Guten Tag User des java-forums.

Bin Neueinsteiger in Java, habe nur wenig Programmierkenntnisse und hatte mich kurz zuvor mal mit C++ beschäftigt...und kenne die Entwicklungsumgebungen von Java nicht. Habe JDK 1.7.0_02.

Habe als "Einstieg" in Eclipse das Programm Hello World eingegeben.

Nun zum problem: Eclipse erkennt System.out.... nicht an? Siehe Anhang.

Habe schon in zähligen Webseiten nachgeschalgen, aber damit kann ich als Anfänger nichts anfangen! Bitte um hilfe.

Windows 7, 64 Bit
Eclipse 64 bit


----------



## inv_zim (4. Jan 2012)

Java ist case-sensitive, System wird groß geschrieben (also mit großem S)


----------



## Kababär (4. Jan 2012)

Da hat er Recht  

Immer auf die Rechtschreibung achten  Sowie Groß/Klein.
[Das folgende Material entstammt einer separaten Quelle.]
-- ===== src/Common/OrderedSet.antt =====
-- `BTreeSet<u32>`: its elements in ascending order.
use Prim.Native.Nat.{ℕ, ◌≤◌, ◌<◌}
use mathlib.Core.Path.{◌≡◌, refl}
use mathlib.Core.Bool.{Bool, false, not, ◌||◌}
use mathlib.Core.List.{List, [], ◌∷◌}
use native.Mathlib.Omega.{arith}
use hbb_common.Common.Tests.{ltb, ◌==◌, if◌then◌else◌}

unfoldable pub contains : ℕ → List ℕ → Bool
contains k [] = false
contains k (x ∷ xs) = x == k || contains k xs

-- `insert` and `remove`, with the flag that they return (`true` if the set changed).
insert_sorted : ℕ → List ℕ → List ℕ
insert_sorted k [] = k ∷ []
insert_sorted k (x ∷ xs) =
    if ltb k x then k ∷ x ∷ xs else if k == x then x ∷ xs else x ∷ insert_sorted k xs

unfoldable pub insert : ℕ → List ℕ → List ℕ × Bool
unfolding insert_sorted contains
insert k xs = (insert_sorted k xs, not (contains k xs))

remove_all : ℕ → List ℕ → List ℕ
remove_all k [] = []
remove_all k (x ∷ xs) = if x == k then remove_all k xs else x ∷ remove_all k xs

unfoldable pub remove : ℕ → List ℕ → List ℕ × Bool
unfolding remove_all contains
remove k xs = (remove_all k xs, contains k xs)

pub contains-insert :
    (j k : ℕ) (xs : List ℕ) → contains j (insert k xs).0 ≡ (k == j || contains j xs)
unfolding insert
contains-insert j k [] = refl
contains-insert j k (x ∷ xs) = ground (arith, contains-insert j k xs)

pub contains-remove :
    (j k : ℕ) (xs : List ℕ) → contains j (remove k xs).0 ≡ (if k == j then false else contains j xs)
unfolding remove
contains-remove j k [] = ground arith
contains-remove j k (x ∷ xs) = ground (arith, contains-remove j k xs)

-- Strictly ascending, with all elements above a bound: the representation invariant.
abbrev pub Above : ℕ → List ℕ → Type 0
Above n [] = Unit {0}
Above n (x ∷ xs) = (n < x) × Above x xs

abbrev pub IsAscending : List ℕ → Type 0
IsAscending [] = Unit {0}
IsAscending (x ∷ xs) = Above x xs

Above-mono : (m n : ℕ) (xs : List ℕ) → m ≤ n → Above n xs → Above m xs
Above-mono m n [] h a = tt
Above-mono m n (x ∷ xs) h a = (omega arith, a.1)

insert-Above : (n k : ℕ) (xs : List ℕ) → n < k → Above n xs → Above n (insert k xs).0
unfolding insert
insert-Above n k [] h a = (h, tt)
insert-Above n k (x ∷ xs) h a = ground (arith, insert-Above x k xs)

remove-Above : (n k : ℕ) (xs : List ℕ) → Above n xs → Above n (remove k xs).0
unfolding remove
remove-Above n k [] a = tt
remove-Above n k (x ∷ xs) a =
    ground (arith, remove-Above x k xs a.1, Above-mono n x (remove k xs).0)

pub insert-IsAscending : (k : ℕ) (xs : List ℕ) → IsAscending xs → IsAscending (insert k xs).0
unfolding insert
insert-IsAscending k [] a = tt
insert-IsAscending k (x ∷ xs) a = ground (arith, insert-Above x k xs)

Above-IsAscending : (n : ℕ) (xs : List ℕ) → Above n xs → IsAscending xs
Above-IsAscending n [] a = tt
Above-IsAscending n (x ∷ xs) a = a.1

pub remove-IsAscending : (k : ℕ) (xs : List ℕ) → IsAscending xs → IsAscending (remove k xs).0
unfolding remove
remove-IsAscending k [] a = tt
remove-IsAscending k (x ∷ xs) a =
    ground
      (arith, remove-Above x k xs a, Above-IsAscending x (remove k xs).0 (remove-Above x k xs a))
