-- ===== src/FileTransfer.antt =====
-- src/transport/file_transfer.rs: file metadata, chunks and cancellation, and the receiving side.
pub mod Types
pub mod Wire
pub mod Receiver
pub mod Chunk
pub mod Fields
pub mod Metadata
pub mod Transfer
pub mod Placed
pub mod Finish
mod Tests
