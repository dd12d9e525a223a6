-- ===== src/Stream/Parse.antt =====
-- copy-trader-v1.6.63/src/grpc/subscriber.rs: `parse_transaction`, which looks for the first trade on
-- Pump.fun of a transaction with a target wallet.
use rust_solana_cc_v.Prelude.{
  ℕ, Bool, true, false, Option, none, some, List, [], ◌∷◌, ◌++◌, ◌==◌, if◌then◌else◌, length,
  get_elem?, is_empty, Str, codes, Pubkey,
}
use rust_solana_cc_v.Groups.Manager.{member}
use rust_solana_cc_v.Pumpfun.Curve.{from_le_bytes}
use rust_solana_cc_v.Stream.Types.{
  DetectedTrade, CompiledInstruction, StatusMeta, Message, Transaction, Chain, pumpfun_program,
}
use rust_solana_cc_v.Stream.Lamports.{meta_failed, enrich_trade_from_meta}
use rust_solana_cc_v.Stream.Instructions.{or_empty, try_parse_instruction}
use rust_solana_cc_v.Stream.Cpi.{
  Outcome, returned, missing_message, serialize_transaction_from_proto, try_detect_cpi_pumpfun,
}

-- The keys of 32 bytes; another is left out.
unfoldable pub keys_of : List (List ℕ) → List Pubkey
keys_of [] = []
keys_of (k ∷ ks) = let rest = keys_of ks in if length k == 32 then from_le_bytes k ∷ rest else rest

unfoldable pub account_keys_of : Message → Option StatusMeta → List Pubkey
unfolding keys_of
account_keys_of message none = keys_of message.account_keys
account_keys_of message (some m) =
    keys_of message.account_keys
    ++ keys_of m.loaded_writable_addresses
    ++ keys_of m.loaded_readonly_addresses

-- The first key that is a target.
unfoldable pub find_source : List Pubkey → List Pubkey → Option Pubkey
find_source target_wallets [] = none
find_source target_wallets (k ∷ ks) =
    if member k target_wallets then some k else find_source target_wallets ks

module _ {V : Type 0} (chain : Chain V) where
  open chain use {from_str, encode, system_program}

  -- The signature's text.
  unfoldable pub signature_text : List ℕ → Str
  signature_text bytes = if is_empty bytes then codes "unknown" else encode bytes

  -- The first of the instructions that is a trade; an index out of range is passed over.
  unfoldable pub first_trade :
      List Pubkey → List Pubkey → Str → Pubkey → ℕ → List CompiledInstruction → Option DetectedTrade
  unfolding try_parse_instruction
  first_trade target_wallets keys signature wallet recv_time [] = none
  first_trade target_wallets keys signature wallet recv_time (ix ∷ ixs) =
      let later = first_trade target_wallets keys signature wallet recv_time ixs in
      elim (get_elem? keys ix.program_id_index) [
        | none ↦ later
        | some program_id ↦
            elim (try_parse_instruction chain target_wallets program_id ix.bytes ix.accounts keys
              signature wallet recv_time) [ none ↦ later | some trade ↦ some trade ]
      ]

  unfoldable pub first_inner_trade :
      List Pubkey
      → List Pubkey
      → Str
      → Pubkey
      → ℕ
      → List (List CompiledInstruction)
      → Option DetectedTrade
  unfolding first_trade
  first_inner_trade target_wallets keys signature wallet recv_time [] = none
  first_inner_trade target_wallets keys signature wallet recv_time (group ∷ groups) =
      let later = first_inner_trade target_wallets keys signature wallet recv_time groups in
      elim (first_trade target_wallets keys signature wallet recv_time group) [
        | none ↦ later
        | some trade ↦ some trade
      ]

  -- What both rounds of instructions fill in.
  unfoldable pub complete_trade :
      DetectedTrade → Bool → Message → Option StatusMeta → Transaction → List Pubkey → DetectedTrade
  unfolding enrich_trade_from_meta
  complete_trade trade pre_execution message meta tx keys =
      enrich_trade_from_meta system_program
        (record trade {
          raw_transaction_bytes = or_empty (serialize_transaction_from_proto chain tx);
          is_pre_execution = pre_execution;
          execution_failed = meta_failed meta;
        })
        message meta keys

  -- The rounds for a wallet: the instructions; the keys, where there is no meta; the inner instructions.
  unfoldable pub rounds :
      List Pubkey
      → List Pubkey
      → Str
      → Pubkey
      → ℕ
      → Message
      → Option StatusMeta
      → Transaction
      → Outcome (Option DetectedTrade)
  unfolding first_trade first_inner_trade complete_trade
  rounds target_wallets keys signature wallet recv_time message none tx =
      elim (first_trade target_wallets keys signature wallet recv_time message.instructions) [
        | some trade ↦ returned (some (complete_trade trade true message none tx keys))
        | none ↦
            if member (from_str pumpfun_program) keys
            then try_detect_cpi_pumpfun chain target_wallets keys signature wallet none tx recv_time
            else returned none
      ]
  rounds target_wallets keys signature wallet recv_time message (some m) tx =
      elim (first_trade target_wallets keys signature wallet recv_time message.instructions) [
        | some trade ↦ returned (some (complete_trade trade false message (some m) tx keys))
        | none ↦
            elim (first_inner_trade target_wallets keys signature wallet recv_time
              m.inner_instructions) [
                | some trade ↦ returned (some (complete_trade trade false message (some m) tx keys))
                | none ↦ returned none
              ]
      ]

  unfoldable pub parse_transaction :
      List Pubkey
      → List ℕ
      → Transaction
      → Option Message
      → Option StatusMeta
      → ℕ
      → Outcome (Option DetectedTrade)
  unfolding account_keys_of find_source rounds
  parse_transaction target_wallets signature tx none meta recv_time = missing_message
  parse_transaction target_wallets signature tx (some message) meta recv_time =
      let keys = account_keys_of message meta in
      elim (find_source target_wallets keys) [
        | none ↦ returned none
        | some wallet ↦
            rounds target_wallets keys (signature_text signature) wallet recv_time message meta tx
      ]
Kannst das Thema ja dann auf "erledigt" stellen.


----------



## inv_zim (4. Jan 2012)

Dazu noch eine kleine Hilfe von Eclipse: Wenn du "syso" eingibst und dann Strg+Leertaste drückst, macht er das volle System.out.println(); draus.


----------



## Tomate_Salat (4. Jan 2012)

inv_zim hat gesagt.:


> Dazu noch eine kleine Hilfe von Eclipse: Wenn du "syso" eingibst und dann Strg+Leertaste drückst, macht er das volle System.out.println(); draus.



Solange man noch solche Fehler macht, sollte man es erstmal ausschreiben. Das prägt. Später kann man sich dann die ganzen shortcuts anschauen/verwenden.


----------



## Xyek (4. Jan 2012)

Ach Super...war wohl zu verwirrt. Auf anderen Seiten wurde gesagt, man solle eine Java Datenbank einbinden...nunja...

werd da mehr drauf achten.
Habt dank


----------